[INPUT]
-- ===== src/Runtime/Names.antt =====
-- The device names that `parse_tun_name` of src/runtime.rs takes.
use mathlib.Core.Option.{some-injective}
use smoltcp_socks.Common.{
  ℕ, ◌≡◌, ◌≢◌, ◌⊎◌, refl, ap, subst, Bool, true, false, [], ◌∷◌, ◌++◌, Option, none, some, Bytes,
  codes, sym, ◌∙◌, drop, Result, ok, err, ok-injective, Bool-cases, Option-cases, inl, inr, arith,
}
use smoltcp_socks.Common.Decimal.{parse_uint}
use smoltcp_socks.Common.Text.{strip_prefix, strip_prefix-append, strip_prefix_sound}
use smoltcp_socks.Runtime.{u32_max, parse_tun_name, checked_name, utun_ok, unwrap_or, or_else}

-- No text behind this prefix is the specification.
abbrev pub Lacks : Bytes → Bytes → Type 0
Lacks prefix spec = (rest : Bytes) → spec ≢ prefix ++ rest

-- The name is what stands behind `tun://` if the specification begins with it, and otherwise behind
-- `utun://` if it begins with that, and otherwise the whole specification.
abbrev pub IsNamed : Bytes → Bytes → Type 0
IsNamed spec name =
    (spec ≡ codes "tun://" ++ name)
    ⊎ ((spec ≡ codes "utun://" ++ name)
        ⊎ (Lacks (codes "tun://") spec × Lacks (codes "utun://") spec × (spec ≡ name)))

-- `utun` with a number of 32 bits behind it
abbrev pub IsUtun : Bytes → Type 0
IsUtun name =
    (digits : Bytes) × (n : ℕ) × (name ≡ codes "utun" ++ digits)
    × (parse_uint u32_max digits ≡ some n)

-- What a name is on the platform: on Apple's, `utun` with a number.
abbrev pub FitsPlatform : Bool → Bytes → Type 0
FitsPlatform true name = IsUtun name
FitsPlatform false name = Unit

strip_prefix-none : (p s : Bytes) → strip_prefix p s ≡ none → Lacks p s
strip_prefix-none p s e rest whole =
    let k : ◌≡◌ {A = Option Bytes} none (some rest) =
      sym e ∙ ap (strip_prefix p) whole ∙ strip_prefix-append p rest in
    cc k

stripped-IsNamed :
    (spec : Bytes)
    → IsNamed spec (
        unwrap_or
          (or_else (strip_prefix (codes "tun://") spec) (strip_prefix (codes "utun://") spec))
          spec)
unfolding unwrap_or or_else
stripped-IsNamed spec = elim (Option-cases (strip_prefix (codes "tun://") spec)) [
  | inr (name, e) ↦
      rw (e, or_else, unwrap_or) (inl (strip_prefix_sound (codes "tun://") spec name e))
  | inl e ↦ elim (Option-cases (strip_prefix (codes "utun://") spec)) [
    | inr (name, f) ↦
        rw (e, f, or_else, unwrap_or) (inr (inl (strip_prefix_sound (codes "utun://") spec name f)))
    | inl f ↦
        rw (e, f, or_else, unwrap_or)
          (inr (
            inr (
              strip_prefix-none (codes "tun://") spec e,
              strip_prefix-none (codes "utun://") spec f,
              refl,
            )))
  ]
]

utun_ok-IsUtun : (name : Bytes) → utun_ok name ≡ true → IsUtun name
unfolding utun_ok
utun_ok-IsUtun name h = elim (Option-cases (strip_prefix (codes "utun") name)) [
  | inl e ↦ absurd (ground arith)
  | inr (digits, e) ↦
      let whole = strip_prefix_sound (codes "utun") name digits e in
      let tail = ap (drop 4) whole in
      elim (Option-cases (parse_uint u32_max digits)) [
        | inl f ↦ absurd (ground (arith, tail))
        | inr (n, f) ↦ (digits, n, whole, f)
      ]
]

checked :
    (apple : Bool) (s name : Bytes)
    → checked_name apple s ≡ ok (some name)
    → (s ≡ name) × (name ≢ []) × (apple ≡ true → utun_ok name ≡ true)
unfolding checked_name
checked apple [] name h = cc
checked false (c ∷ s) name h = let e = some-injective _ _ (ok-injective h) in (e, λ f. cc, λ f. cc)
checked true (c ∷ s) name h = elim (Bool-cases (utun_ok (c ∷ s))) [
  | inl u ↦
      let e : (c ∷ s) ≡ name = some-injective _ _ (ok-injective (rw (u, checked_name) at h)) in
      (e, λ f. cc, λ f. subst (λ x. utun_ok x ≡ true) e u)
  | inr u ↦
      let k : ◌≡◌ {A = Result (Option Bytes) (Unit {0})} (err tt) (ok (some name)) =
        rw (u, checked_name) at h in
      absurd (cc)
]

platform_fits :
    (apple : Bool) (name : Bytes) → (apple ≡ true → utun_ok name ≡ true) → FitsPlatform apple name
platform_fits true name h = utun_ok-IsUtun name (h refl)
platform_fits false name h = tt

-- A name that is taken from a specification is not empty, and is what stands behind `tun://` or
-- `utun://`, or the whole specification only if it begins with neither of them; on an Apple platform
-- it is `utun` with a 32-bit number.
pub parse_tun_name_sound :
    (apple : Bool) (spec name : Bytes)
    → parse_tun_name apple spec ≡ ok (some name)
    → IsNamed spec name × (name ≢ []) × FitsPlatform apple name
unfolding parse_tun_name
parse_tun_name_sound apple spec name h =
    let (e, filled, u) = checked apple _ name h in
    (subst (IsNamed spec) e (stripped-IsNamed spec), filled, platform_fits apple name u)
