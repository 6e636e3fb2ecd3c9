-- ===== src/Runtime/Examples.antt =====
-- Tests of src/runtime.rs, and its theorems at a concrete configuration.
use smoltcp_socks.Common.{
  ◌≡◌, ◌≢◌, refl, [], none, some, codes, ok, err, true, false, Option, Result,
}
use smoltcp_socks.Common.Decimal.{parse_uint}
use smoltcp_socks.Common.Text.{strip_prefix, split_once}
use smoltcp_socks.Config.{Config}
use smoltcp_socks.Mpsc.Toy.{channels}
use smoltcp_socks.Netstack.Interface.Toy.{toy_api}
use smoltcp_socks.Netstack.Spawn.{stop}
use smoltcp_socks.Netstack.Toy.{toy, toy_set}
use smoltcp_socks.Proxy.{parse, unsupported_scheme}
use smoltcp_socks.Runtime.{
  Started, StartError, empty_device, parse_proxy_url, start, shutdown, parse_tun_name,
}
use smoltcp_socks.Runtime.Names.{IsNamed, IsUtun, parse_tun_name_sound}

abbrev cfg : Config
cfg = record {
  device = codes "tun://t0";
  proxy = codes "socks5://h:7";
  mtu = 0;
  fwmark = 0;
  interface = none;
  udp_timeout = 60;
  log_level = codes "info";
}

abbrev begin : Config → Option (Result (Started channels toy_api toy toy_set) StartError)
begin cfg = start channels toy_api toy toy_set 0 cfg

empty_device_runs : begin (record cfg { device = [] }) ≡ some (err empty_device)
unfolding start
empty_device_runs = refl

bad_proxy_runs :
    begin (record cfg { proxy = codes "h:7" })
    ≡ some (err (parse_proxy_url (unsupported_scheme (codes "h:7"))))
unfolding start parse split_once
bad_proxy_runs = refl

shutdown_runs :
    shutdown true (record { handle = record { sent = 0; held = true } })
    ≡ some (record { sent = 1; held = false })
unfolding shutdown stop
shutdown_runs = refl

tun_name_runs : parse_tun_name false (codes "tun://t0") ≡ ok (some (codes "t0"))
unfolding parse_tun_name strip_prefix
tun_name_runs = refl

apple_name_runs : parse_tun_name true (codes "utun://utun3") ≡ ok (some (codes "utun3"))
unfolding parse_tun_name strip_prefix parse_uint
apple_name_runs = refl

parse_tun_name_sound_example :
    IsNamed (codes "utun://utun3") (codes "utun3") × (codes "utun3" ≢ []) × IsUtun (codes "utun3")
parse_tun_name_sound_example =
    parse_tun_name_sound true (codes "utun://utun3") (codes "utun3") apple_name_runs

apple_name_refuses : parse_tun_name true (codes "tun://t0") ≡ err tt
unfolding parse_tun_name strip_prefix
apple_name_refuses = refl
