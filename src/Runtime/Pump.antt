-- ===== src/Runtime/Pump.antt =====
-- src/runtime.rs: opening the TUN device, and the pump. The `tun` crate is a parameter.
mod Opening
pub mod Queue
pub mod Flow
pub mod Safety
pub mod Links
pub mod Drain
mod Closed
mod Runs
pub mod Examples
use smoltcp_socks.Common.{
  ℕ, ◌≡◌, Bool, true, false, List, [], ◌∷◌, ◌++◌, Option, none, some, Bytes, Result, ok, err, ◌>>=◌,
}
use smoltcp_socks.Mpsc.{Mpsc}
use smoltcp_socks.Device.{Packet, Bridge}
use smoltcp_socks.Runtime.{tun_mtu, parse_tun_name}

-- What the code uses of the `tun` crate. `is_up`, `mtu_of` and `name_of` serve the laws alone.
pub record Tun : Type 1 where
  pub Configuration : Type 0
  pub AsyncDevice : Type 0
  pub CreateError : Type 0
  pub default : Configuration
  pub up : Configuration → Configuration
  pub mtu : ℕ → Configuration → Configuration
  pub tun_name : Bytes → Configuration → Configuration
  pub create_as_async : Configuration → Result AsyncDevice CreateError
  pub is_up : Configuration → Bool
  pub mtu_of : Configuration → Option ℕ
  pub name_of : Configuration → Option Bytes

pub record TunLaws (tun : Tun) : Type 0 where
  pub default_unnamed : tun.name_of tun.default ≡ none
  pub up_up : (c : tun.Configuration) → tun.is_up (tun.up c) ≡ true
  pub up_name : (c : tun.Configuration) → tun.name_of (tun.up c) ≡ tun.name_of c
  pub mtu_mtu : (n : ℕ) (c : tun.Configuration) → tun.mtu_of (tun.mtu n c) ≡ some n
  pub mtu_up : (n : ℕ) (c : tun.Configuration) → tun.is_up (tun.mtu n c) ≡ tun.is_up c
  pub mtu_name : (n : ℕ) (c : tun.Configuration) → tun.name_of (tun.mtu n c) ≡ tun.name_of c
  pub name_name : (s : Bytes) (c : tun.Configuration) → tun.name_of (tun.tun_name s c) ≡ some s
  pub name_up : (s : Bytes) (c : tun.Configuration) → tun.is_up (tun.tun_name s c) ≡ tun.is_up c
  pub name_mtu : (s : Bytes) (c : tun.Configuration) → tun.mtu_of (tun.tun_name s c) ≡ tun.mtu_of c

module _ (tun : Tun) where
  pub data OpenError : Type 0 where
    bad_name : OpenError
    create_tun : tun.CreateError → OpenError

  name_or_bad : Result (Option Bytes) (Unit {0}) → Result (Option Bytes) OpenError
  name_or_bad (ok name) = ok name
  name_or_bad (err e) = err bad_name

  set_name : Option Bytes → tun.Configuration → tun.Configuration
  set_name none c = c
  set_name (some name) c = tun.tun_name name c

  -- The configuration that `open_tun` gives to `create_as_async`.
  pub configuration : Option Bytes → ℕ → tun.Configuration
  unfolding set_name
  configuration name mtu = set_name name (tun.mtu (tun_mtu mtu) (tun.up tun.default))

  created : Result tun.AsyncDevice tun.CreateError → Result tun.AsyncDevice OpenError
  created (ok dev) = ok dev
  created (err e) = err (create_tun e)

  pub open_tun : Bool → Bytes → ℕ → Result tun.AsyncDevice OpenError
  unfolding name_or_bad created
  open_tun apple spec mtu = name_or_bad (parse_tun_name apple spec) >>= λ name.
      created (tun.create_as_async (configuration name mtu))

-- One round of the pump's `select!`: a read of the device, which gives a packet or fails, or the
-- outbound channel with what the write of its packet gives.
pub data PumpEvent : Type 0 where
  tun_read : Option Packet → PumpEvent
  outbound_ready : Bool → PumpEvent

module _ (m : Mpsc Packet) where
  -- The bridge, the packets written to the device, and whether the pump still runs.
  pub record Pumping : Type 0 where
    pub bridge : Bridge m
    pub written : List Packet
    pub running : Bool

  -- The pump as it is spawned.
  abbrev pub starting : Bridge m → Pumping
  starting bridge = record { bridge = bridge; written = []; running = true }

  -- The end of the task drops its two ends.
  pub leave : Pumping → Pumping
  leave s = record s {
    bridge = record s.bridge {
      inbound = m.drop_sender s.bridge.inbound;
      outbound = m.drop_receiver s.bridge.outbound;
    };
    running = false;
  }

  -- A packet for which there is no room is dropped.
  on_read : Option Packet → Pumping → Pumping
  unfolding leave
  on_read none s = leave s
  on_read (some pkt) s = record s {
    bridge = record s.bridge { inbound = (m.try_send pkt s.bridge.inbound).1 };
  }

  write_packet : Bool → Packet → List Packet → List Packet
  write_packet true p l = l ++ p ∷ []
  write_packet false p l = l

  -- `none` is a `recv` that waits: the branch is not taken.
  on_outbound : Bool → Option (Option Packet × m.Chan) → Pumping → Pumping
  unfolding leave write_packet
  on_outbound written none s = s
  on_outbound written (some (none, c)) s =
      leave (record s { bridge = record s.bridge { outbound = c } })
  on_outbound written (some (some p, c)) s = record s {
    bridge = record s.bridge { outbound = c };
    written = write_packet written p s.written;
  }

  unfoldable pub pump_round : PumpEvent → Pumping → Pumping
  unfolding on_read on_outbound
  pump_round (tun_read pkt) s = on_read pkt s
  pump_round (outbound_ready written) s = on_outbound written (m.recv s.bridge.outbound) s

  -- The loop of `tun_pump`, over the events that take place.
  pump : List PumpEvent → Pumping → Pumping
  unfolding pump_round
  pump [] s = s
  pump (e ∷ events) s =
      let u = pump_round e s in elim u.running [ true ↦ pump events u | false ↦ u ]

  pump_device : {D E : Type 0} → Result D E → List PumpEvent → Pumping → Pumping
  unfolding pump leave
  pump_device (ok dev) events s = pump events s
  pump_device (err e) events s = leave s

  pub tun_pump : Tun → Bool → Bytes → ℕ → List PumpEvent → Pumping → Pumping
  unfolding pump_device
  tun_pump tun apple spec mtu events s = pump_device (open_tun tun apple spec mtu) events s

[WHAT YOU NEED TO DO]
Copy out only the lines of the records above from the one with "-- The pump as it is spawned." through the one with "is not taken.", exactly as they stand, both included.

[RESULT]
  -- The pump as it is spawned.
  abbrev pub starting : Bridge m → Pumping
  starting bridge = record { bridge = bridge; written = []; running = true }

  -- The end of the task drops its two ends.
  pub leave : Pumping → Pumping
  leave s = record s {
    bridge = record s.bridge {
      inbound = m.drop_sender s.bridge.inbound;
      outbound = m.drop_receiver s.bridge.outbound;
    };
    running = false;
  }

  -- A packet for which there is no room is dropped.
  on_read : Option Packet → Pumping → Pumping
  unfolding leave
  on_read none s = leave s
  on_read (some pkt) s = record s {
    bridge = record s.bridge { inbound = (m.try_send pkt s.bridge.inbound).1 };
  }

  write_packet : Bool → Packet → List Packet → List Packet
  write_packet true p l = l ++ p ∷ []
  write_packet false p l = l

  -- `none` is a `recv` that waits: the branch is not taken.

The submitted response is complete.